__EXERCISE BRIEF__
Print every line below. Match each one exactly.

Dataset entries:
__________________________________________________
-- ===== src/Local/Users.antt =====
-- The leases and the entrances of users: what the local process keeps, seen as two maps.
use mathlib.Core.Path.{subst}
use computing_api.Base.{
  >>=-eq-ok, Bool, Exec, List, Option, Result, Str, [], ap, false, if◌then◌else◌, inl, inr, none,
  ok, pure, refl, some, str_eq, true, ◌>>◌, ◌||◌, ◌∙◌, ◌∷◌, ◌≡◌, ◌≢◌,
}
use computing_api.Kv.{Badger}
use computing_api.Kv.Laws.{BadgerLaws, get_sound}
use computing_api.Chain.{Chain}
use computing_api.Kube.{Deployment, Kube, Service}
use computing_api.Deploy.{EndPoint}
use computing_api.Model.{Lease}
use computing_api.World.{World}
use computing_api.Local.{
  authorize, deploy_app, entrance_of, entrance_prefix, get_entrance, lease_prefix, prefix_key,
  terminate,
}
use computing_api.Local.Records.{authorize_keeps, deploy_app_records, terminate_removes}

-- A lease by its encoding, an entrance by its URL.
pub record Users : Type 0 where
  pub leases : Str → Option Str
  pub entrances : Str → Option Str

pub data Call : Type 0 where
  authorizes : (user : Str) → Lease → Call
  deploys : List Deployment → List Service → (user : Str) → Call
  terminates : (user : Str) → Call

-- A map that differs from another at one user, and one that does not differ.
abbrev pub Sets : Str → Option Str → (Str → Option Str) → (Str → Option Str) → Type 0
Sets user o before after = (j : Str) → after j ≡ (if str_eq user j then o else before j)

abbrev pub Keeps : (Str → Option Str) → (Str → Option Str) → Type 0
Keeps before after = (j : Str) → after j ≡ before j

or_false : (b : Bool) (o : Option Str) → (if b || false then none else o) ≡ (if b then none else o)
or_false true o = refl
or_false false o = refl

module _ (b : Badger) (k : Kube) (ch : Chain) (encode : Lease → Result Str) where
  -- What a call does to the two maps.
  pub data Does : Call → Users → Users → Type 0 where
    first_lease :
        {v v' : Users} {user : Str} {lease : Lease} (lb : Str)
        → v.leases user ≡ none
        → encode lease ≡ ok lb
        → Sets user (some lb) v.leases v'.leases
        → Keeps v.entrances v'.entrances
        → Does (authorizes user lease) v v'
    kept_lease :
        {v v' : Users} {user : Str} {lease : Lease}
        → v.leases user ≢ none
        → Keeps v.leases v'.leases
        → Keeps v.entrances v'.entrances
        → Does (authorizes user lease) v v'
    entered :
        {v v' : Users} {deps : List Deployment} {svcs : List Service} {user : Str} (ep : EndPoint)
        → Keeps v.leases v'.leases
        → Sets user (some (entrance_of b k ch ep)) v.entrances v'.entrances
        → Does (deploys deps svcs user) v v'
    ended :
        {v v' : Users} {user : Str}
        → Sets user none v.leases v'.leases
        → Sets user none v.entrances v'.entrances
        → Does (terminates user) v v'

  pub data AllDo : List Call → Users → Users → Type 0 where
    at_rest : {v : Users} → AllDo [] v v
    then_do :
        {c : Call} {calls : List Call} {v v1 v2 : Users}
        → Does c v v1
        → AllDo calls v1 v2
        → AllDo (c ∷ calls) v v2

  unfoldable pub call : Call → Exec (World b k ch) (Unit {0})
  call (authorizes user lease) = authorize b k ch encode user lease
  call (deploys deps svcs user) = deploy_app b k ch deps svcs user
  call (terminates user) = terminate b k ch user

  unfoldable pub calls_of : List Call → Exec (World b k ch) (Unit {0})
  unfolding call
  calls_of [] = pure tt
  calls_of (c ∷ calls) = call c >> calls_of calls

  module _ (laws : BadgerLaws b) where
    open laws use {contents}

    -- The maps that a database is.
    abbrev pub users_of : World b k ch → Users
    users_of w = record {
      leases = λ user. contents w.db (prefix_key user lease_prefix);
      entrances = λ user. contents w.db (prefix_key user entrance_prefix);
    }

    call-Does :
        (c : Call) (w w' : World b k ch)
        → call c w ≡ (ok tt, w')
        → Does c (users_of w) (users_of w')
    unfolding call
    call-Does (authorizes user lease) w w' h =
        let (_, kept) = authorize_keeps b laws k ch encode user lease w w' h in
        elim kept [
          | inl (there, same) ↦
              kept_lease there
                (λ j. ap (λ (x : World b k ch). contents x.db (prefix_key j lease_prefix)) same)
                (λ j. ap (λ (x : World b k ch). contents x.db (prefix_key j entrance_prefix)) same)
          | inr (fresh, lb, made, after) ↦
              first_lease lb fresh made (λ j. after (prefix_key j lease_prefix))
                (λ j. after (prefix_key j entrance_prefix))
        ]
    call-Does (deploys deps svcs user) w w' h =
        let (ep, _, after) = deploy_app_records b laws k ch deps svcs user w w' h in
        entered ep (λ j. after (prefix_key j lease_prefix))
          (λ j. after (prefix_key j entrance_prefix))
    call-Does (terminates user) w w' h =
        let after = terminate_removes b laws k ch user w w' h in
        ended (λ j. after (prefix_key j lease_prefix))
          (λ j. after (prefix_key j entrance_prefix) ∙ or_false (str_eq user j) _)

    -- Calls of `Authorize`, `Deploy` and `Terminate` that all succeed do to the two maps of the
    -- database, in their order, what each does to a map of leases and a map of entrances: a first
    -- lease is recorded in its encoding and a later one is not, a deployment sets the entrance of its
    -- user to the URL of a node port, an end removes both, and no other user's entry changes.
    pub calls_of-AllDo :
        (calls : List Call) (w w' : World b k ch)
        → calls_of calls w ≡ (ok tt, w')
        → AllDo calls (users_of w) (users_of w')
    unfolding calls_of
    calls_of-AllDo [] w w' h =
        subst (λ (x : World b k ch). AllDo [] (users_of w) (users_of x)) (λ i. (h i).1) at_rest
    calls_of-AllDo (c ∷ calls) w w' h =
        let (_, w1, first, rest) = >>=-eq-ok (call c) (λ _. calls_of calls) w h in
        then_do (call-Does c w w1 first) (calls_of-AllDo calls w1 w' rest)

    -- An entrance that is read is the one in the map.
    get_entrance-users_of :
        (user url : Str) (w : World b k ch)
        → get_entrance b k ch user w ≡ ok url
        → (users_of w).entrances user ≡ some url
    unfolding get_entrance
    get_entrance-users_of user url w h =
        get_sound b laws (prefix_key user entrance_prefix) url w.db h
__________________________________________________
__EXPECTED ANSWER__
-- ===== src/Local/Users.antt =====
-- The leases and the entrances of users: what the local process keeps, seen as two maps.
use mathlib.Core.Path.{subst}
use computing_api.Base.{
  >>=-eq-ok, Bool, Exec, List, Option, Result, Str, [], ap, false, if◌then◌else◌, inl, inr, none,
  ok, pure, refl, some, str_eq, true, ◌>>◌, ◌||◌, ◌∙◌, ◌∷◌, ◌≡◌, ◌≢◌,
}
use computing_api.Kv.{Badger}
use computing_api.Kv.Laws.{BadgerLaws, get_sound}
use computing_api.Chain.{Chain}
use computing_api.Kube.{Deployment, Kube, Service}
use computing_api.Deploy.{EndPoint}
use computing_api.Model.{Lease}
use computing_api.World.{World}
use computing_api.Local.{
  authorize, deploy_app, entrance_of, entrance_prefix, get_entrance, lease_prefix, prefix_key,
  terminate,
}
use computing_api.Local.Records.{authorize_keeps, deploy_app_records, terminate_removes}

-- A lease by its encoding, an entrance by its URL.
pub record Users : Type 0 where
  pub leases : Str → Option Str
  pub entrances : Str → Option Str

pub data Call : Type 0 where
  authorizes : (user : Str) → Lease → Call
  deploys : List Deployment → List Service → (user : Str) → Call
  terminates : (user : Str) → Call

-- A map that differs from another at one user, and one that does not differ.
abbrev pub Sets : Str → Option Str → (Str → Option Str) → (Str → Option Str) → Type 0
Sets user o before after = (j : Str) → after j ≡ (if str_eq user j then o else before j)

abbrev pub Keeps : (Str → Option Str) → (Str → Option Str) → Type 0
Keeps before after = (j : Str) → after j ≡ before j

or_false : (b : Bool) (o : Option Str) → (if b || false then none else o) ≡ (if b then none else o)
or_false true o = refl
or_false false o = refl

module _ (b : Badger) (k : Kube) (ch : Chain) (encode : Lease → Result Str) where
  -- What a call does to the two maps.
  pub data Does : Call → Users → Users → Type 0 where
    first_lease :
        {v v' : Users} {user : Str} {lease : Lease} (lb : Str)
        → v.leases user ≡ none
        → encode lease ≡ ok lb
        → Sets user (some lb) v.leases v'.leases
        → Keeps v.entrances v'.entrances
        → Does (authorizes user lease) v v'
    kept_lease :
        {v v' : Users} {user : Str} {lease : Lease}
        → v.leases user ≢ none
        → Keeps v.leases v'.leases
        → Keeps v.entrances v'.entrances
        → Does (authorizes user lease) v v'
    entered :
        {v v' : Users} {deps : List Deployment} {svcs : List Service} {user : Str} (ep : EndPoint)
        → Keeps v.leases v'.leases
        → Sets user (some (entrance_of b k ch ep)) v.entrances v'.entrances
        → Does (deploys deps svcs user) v v'
    ended :
        {v v' : Users} {user : Str}
        → Sets user none v.leases v'.leases
        → Sets user none v.entrances v'.entrances
        → Does (terminates user) v v'

  pub data AllDo : List Call → Users → Users → Type 0 where
    at_rest : {v : Users} → AllDo [] v v
    then_do :
        {c : Call} {calls : List Call} {v v1 v2 : Users}
        → Does c v v1
        → AllDo calls v1 v2
        → AllDo (c ∷ calls) v v2

  unfoldable pub call : Call → Exec (World b k ch) (Unit {0})
  call (authorizes user lease) = authorize b k ch encode user lease
  call (deploys deps svcs user) = deploy_app b k ch deps svcs user
  call (terminates user) = terminate b k ch user

  unfoldable pub calls_of : List Call → Exec (World b k ch) (Unit {0})
  unfolding call
  calls_of [] = pure tt
  calls_of (c ∷ calls) = call c >> calls_of calls

  module _ (laws : BadgerLaws b) where
    open laws use {contents}

    -- The maps that a database is.
    abbrev pub users_of : World b k ch → Users
    users_of w = record {
      leases = λ user. contents w.db (prefix_key user lease_prefix);
      entrances = λ user. contents w.db (prefix_key user entrance_prefix);
    }

    call-Does :
        (c : Call) (w w' : World b k ch)
        → call c w ≡ (ok tt, w')
        → Does c (users_of w) (users_of w')
    unfolding call
    call-Does (authorizes user lease) w w' h =
        let (_, kept) = authorize_keeps b laws k ch encode user lease w w' h in
        elim kept [
          | inl (there, same) ↦
              kept_lease there
                (λ j. ap (λ (x : World b k ch). contents x.db (prefix_key j lease_prefix)) same)
                (λ j. ap (λ (x : World b k ch). contents x.db (prefix_key j entrance_prefix)) same)
          | inr (fresh, lb, made, after) ↦
              first_lease lb fresh made (λ j. after (prefix_key j lease_prefix))
                (λ j. after (prefix_key j entrance_prefix))
        ]
    call-Does (deploys deps svcs user) w w' h =
        let (ep, _, after) = deploy_app_records b laws k ch deps svcs user w w' h in
        entered ep (λ j. after (prefix_key j lease_prefix))
          (λ j. after (prefix_key j entrance_prefix))
    call-Does (terminates user) w w' h =
        let after = terminate_removes b laws k ch user w w' h in
        ended (λ j. after (prefix_key j lease_prefix))
          (λ j. after (prefix_key j entrance_prefix) ∙ or_false (str_eq user j) _)

    -- Calls of `Authorize`, `Deploy` and `Terminate` that all succeed do to the two maps of the
    -- database, in their order, what each does to a map of leases and a map of entrances: a first
    -- lease is recorded in its encoding and a later one is not, a deployment sets the entrance of its
    -- user to the URL of a node port, an end removes both, and no other user's entry changes.
    pub calls_of-AllDo :
        (calls : List Call) (w w' : World b k ch)
        → calls_of calls w ≡ (ok tt, w')
        → AllDo calls (users_of w) (users_of w')
    unfolding calls_of
    calls_of-AllDo [] w w' h =
        subst (λ (x : World b k ch). AllDo [] (users_of w) (users_of x)) (λ i. (h i).1) at_rest
    calls_of-AllDo (c ∷ calls) w w' h =
        let (_, w1, first, rest) = >>=-eq-ok (call c) (λ _. calls_of calls) w h in
        then_do (call-Does c w w1 first) (calls_of-AllDo calls w1 w' rest)

    -- An entrance that is read is the one in the map.
    get_entrance-users_of :
        (user url : Str) (w : World b k ch)
        → get_entrance b k ch user w ≡ ok url
        → (users_of w).entrances user ≡ some url
    unfolding get_entrance
    get_entrance-users_of user url w h =
        get_sound b laws (prefix_key user entrance_prefix) url w.db h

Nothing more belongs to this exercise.